TASK ITEM: Scan the records and identify every line in which the string "error" occurs, then return those lines.

GIVEN DATA: Begin

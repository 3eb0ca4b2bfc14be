-- ===== src/Protocol/Double/Whole.antt =====
-- Whole numbers in place of `f64`, for examples: the laws can hold.
use order_matching_engine_ru.Prelude.{ℕ, ◌-◌, ◌*◌, ◌/◌, ◌^◌, ltb, if◌then◌else◌, arith}
use order_matching_engine_ru.Prelude.Int.{ℤ, pos, pos_part, IsI64}
use order_matching_engine_ru.Protocol.Double.{Double}

abbrev saturate : ℕ → ℤ
saturate n = if ltb n (2 ^ 63) then pos n else pos (2 ^ 63 - 1)

pub saturate-IsI64 : (n : ℕ) → IsI64 (saturate n)
saturate-IsI64 n = ground arith

abbrev pub whole_numbers : Double
whole_numbers = record {
  F64 = ℕ;
  of_i64 = pos_part;
  of_u64 = λ n. n;
  mul = λ a b. a * b;
  div = λ a b. a / b;
  round = λ a. a;
  to_i64 = saturate;
  to_i64-IsI64 = saturate-IsI64;
}
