-- ===== src/Gateway/Session/Examples.antt =====
-- A session of four lines on an engine with one ring of one place.
use order_matching_engine_ru.Prelude.{
  ℕ, ◌≡◌, refl, true, List, [], ◌∷◌, ◌==◌, if◌then◌else◌, Outcome,
}
use order_matching_engine_ru.Prelude.Result.{Result, ok, err}
use order_matching_engine_ru.Core.Types.{Sequenced}
use order_matching_engine_ru.Engine.Channel.Queue.{bounded_queue}
use order_matching_engine_ru.Engine.Sequencer.{new_sequencer, next, try_push}
use order_matching_engine_ru.Engine.Shard.{symbol_of, shard_for}
use order_matching_engine_ru.Engine.Submit.{Engine, submit}
use order_matching_engine_ru.Protocol.Double.Whole.{whole_numbers}
use order_matching_engine_ru.Protocol.Json.{
  JsonInbound, json_to_command, symbol_to_id, hash_from, hash_byte,
}
use order_matching_engine_ru.Gateway.Session.{
  Line, Input, Response, error, submitted, ring_full, trim, is_whitespace, trim_start, trim_end,
  run_command, run_message, run_line, after_answer, handle_json_session,
}
use order_matching_engine_ru.Gateway.Session.Answers.{Answers}

-- `C` is a cancel of order 1, and nothing else is a message.
abbrev parse : Line → Result (JsonInbound whole_numbers) ℕ
parse [] = err 0
parse (c ∷ cs) =
    if c == 67 then ok (JsonInbound.cancel (record { id = 1; symbol = 65 ∷ [] })) else err c

abbrev an_input : Line → Input
an_input line = record { line = line; now = 5; sent = true }

-- " C", a blank line, "x" and "C".
abbrev inputs : List Input
inputs =
    an_input (32 ∷ 67 ∷ []) ∷ an_input (32 ∷ []) ∷ an_input (120 ∷ []) ∷ an_input (67 ∷ []) ∷ []

abbrev one_shard : Engine (bounded_queue Sequenced 1)
one_shard = record {
  senders = (bounded_queue Sequenced 1).empty ∷ [];
  sequencer = new_sequencer;
  num_shards = 1;
}

abbrev answers :
    Outcome (Engine (bounded_queue Sequenced 1) × List (Response ℕ)) → List (Response ℕ)
answers (Outcome.ok (_, out)) = out
answers _ = []

answers_of_inputs :
    answers
      (handle_json_session (bounded_queue Sequenced 1) whole_numbers parse inputs one_shard [])
    ≡ submitted 1 ∷ error 120 ∷ ring_full ∷ []
unfolding handle_json_session run_line trim trim_start trim_end is_whitespace after_answer
    run_message run_command json_to_command submit next new_sequencer try_push symbol_of shard_for
    symbol_to_id hash_from hash_byte
answers_of_inputs = refl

GIVEN DATA: End

WRITTEN RESPONSE:
  Line, Input, Response, error, submitted, ring_full, trim, is_whitespace, trim_start, trim_end,
    ≡ submitted 1 ∷ error 120 ∷ ring_full ∷ []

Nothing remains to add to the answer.